# Problema con placa Asrock P4VM800



## Manolon (May 24, 2012)

Hola estimados, la verdad estoy desbordado con este problemita hace un par de dias.. tengo una placa asrock p4vm800 que la traje andando junto con su disco procesador celeron 2.4Ghz y 256mb de memoria.. quisiera hacerla andar dado que es de un familiar que le da solo uso al office.. y no da para dejarlo a pie..  les paso a detallar el problema: formateé el disco duro desde otra pc aprovechando que hice el respaldo de los datos, y al momento de volver el disco (SATA) a la placa anteriormente dicha me da el error de " Reboot and select proper boot device or insert boot media in selected boot device and press a key " todo bien, viche la BIOS y movi ahi para leer desde cd/dvd para levantar el cd de instalacion de windows xp.. no detectaba disco duro.. le puse otro a ver que pasaba ya con windows instalado y de confianza (IDE) tampoco queria saber nada.. 

alguna pista de que puede ser? ya no se q hacer..  
muchas gracias !


----------



## nocta (May 24, 2012)

No detecta ningun disco? Si ponés un pendrive o algo similar USB tampoco?

El disco arranca? Digamos, vos le conectás los dos cables y a pesar que no lo detecta el BIOS, si lo tocás, se siente que se mueven los platos?

Respecto al IDE, haría la misma prueba pero me fijaría que esté bien el jumper para que no se pisen el 'master' con el 'slave'.


----------



## nasaserna (May 24, 2012)

Amigo. entra a la bios y en la parte del tipo de sata activa el tipo IDE, tambien recuerda que esas board solo admiten sata 1.5G, por eso debes colocarle el jumper en el disco para que lea solo en 1.5G.

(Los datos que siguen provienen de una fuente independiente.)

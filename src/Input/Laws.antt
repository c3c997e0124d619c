-- ===== src/Input/Laws.antt =====
-- What the readers of a request accept, and what they make of it.
use reeva.Prelude.{
  le→leb, ap, lit, Bool-cases, inl, inr, same→eq, ℕ, ◌≤◌, ◌<◌, ◌^◌, ◌≡◌, refl, true, false, Option,
  none, some, Text, arith, every, length, same, is_digit, value_of, decimal, value_of-decimal,
  every-decimal, is_empty-decimal, length-decimal,
}
use reeva.Input.{
  is_missing, Value, number, text, max_safe, is_digits, is_falsy, scalar_text, positive, parse_page,
  positive_integer, part_of, parse_part,
}

pub is_digits-decimal : (n : ℕ) → is_digits (decimal n) ≡ true
unfolding is_digits
is_digits-decimal n = ground (arith, every-decimal n, is_empty-decimal n)

positive-decimal : (n m : ℕ) → 1 ≤ n → n ≤ m → m ≤ max_safe → positive m (some (decimal n)) ≡ some n
unfolding positive
positive-decimal n m low high safe =
    ground (arith, every-decimal n, is_empty-decimal n, value_of-decimal n)

positive_bounds :
    (m n : ℕ) (o : Option Text) → positive m o ≡ some n → (1 ≤ n) × (n ≤ m) × (n ≤ max_safe)
unfolding positive
positive_bounds m n none h = cc
positive_bounds m n (some s) h = ground arith

-- A page that `parsePage` lets through, whatever the request holds, lies between 1 and the
-- maximum, if the fallback does.
pub parse_page_bounds :
    (value : Value) (fallback maximum n : ℕ)
    → 1 ≤ fallback
    → fallback ≤ maximum
    → parse_page value fallback maximum ≡ some n
    → (1 ≤ n) × (n ≤ maximum)
unfolding parse_page
parse_page_bounds value fallback maximum n low high h = elim (Bool-cases (is_falsy value)) [
  | inl t ↦ ground arith
  | inr f ↦
      let (p, q, _) = positive_bounds maximum n (scalar_text value) (rw (f, parse_page) at h) in
      (p, q)
]

lit_zero : value_of (lit "0") ≡ 0
unfolding value_of
lit_zero = refl

decimal-ne-zero : (n : ℕ) → 1 ≤ n → same (decimal n) (lit "0") ≡ false
decimal-ne-zero n h = elim (Bool-cases (same (decimal n) (lit "0"))) [
  | inl t ↦
      absurd
        (omega (arith, value_of-decimal n, ap value_of (same→eq (decimal n) (lit "0") t), lit_zero))
  | inr f ↦ f
]

decimal-ne-nan : (n : ℕ) → same (decimal n) (lit "NaN") ≡ false
decimal-ne-nan n = elim (Bool-cases (same (decimal n) (lit "NaN"))) [
  | inl t ↦ cc (ap (every is_digit) (same→eq (decimal n) (lit "NaN") t), every-decimal n)
  | inr f ↦ f
]

-- Every page between 1 and a safe maximum is read back from its decimal text, whether the request
-- gives it as a string or as a number.
pub parse_page-decimal :
    (fallback maximum n : ℕ)
    → 1 ≤ n
    → n ≤ maximum
    → maximum ≤ max_safe
    → (parse_page (text (decimal n)) fallback maximum ≡ some n)
      × (parse_page (number (decimal n)) fallback maximum ≡ some n)
unfolding parse_page
parse_page-decimal fallback maximum n low high safe = (
  ground (arith, is_empty-decimal n, every-decimal n, value_of-decimal n),
  rw (decimal-ne-zero n low, decimal-ne-nan n)
      (ground (arith, is_empty-decimal n, every-decimal n, value_of-decimal n)),
)

-- The page and the limit of the release list.
pub positive_integer-decimal :
    (fallback maximum n : ℕ)
    → 1 ≤ n
    → n ≤ maximum
    → maximum ≤ max_safe
    → positive_integer (text (decimal n)) fallback maximum ≡ some n
unfolding positive_integer
positive_integer-decimal fallback maximum n low high safe =
    ground (arith, is_empty-decimal n, every-decimal n, value_of-decimal n)

pub positive_integer_bounds :
    (value : Value) (fallback maximum n : ℕ)
    → 1 ≤ fallback
    → fallback ≤ maximum
    → positive_integer value fallback maximum ≡ some n
    → (1 ≤ n) × (n ≤ maximum)
unfolding positive_integer
positive_integer_bounds value fallback maximum n low high h = elim (Bool-cases (is_missing value)) [
  | inl t ↦ ground arith
  | inr f ↦
      let (p, q, _) =
        positive_bounds maximum n (scalar_text value) (rw (f, positive_integer) at h) in
      (p, q)
]

part_of_bound : (o : Option Text) (n : ℕ) → part_of o ≡ some n → n ≤ max_safe
unfolding part_of
part_of_bound none n h = cc
part_of_bound (some s) n h = ground arith

-- A version part is accepted from the decimal text of every number below 10^9.
pub parse_part-decimal : (n : ℕ) → n < 10 ^ 9 → parse_part (text (decimal n)) ≡ some n
unfolding parse_part part_of
parse_part-decimal n h = ground (
  arith,
  is_digits-decimal n,
  length-decimal 9 n h (omega arith),
  value_of-decimal n,
  le→leb (length (decimal n)) 9,
)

yo tenía una que para que leyera el disco sata en el momento de encenderla y me mostrara el mensaje de "Reboot and select proper boot device or insert boot media in selected boot device and press a key", solo resionaba el boton de reset(no lo apagaba) y listo reiniciaba como si nada. asi me trabajó dos años hasta que se me ahogó en una inundación.

como nota al mergen si le vas acolocar el windows xp que es lo mejor para este equipito, trata de colocarle unos 512M de ram y te trabajará de manera mas aceptable.


----------



## leonixya (Jun 27, 2012)

Si habré peleado con esos mothers.
Allá por el 2008, en la empresa en la que trabajaba, compraron cerca de 20 equipos con este mother asrock.

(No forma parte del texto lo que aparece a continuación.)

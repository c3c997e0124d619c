-- ===== src/Input/Tests.antt =====
-- The readers on concrete input.
use reeva.Prelude.{◌≡◌, refl, some, lit, value_of, value_from}
use reeva.Input.{text, parse_page, positive, is_digits, in_range}

page_run : parse_page (text (lit "12")) 1 100 ≡ some 12
unfolding parse_page positive is_digits in_range value_of value_from
page_run = refl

La solución es la que dice nasaserna. Pero disiento con el tema memoria. Yo le pondría 1 gb para no tener problemas.

Si seguis con problemas después de intentar esto, podes comprar una plaquita controladora de Hdds. No son caras y te hacen safar.


Saludos.

L


----------



## EDUARDO RIVEIRA (Jun 28, 2012)

Manolon saludos, en la bios hay una opcion de raid o no raid debe estar en no raid.


----------



## MalejoxD (Jun 28, 2012)

Manolon dijo:


> Hola estimados, la verdad estoy desbordado con este problemita hace un par de dias.. tengo una placa asrock p4vm800 que la traje andando junto con su disco procesador celeron 2.4Ghz y 256mb de memoria.. quisiera hacerla andar dado que es de un familiar que le da solo uso al office.. y no da para dejarlo a pie..  les paso a detallar el problema: formateé el disco duro desde otra pc aprovechando que hice el respaldo de los datos, y al momento de volver el disco (SATA) a la placa anteriormente dicha me da el error de " Reboot and select proper boot device or insert boot media in selected boot device and press a key " todo bien, viche la BIOS y movi ahi para leer desde cd/dvd para levantar el cd de instalacion de windows xp.. no detectaba disco duro.. le puse otro a ver que pasaba ya con windows instalado y de confianza (IDE) tampoco queria saber nada..
> 
> alguna pista de que puede ser? ya no se q hacer..
> muchas gracias !



Que tal manolon, que paso con el equipo? sin aun tenes lios con el solo hazlo saber para ver si te ayudo nada mas hace un par de dias tuve un problema con una board similar de la misma marca y pues a veces es una tonteria lo que hay que hacer.



EDUARDO RIVEIRA dijo:


> Manolon saludos, en la bios hay una opcion de raid o no raid debe estar en no raid.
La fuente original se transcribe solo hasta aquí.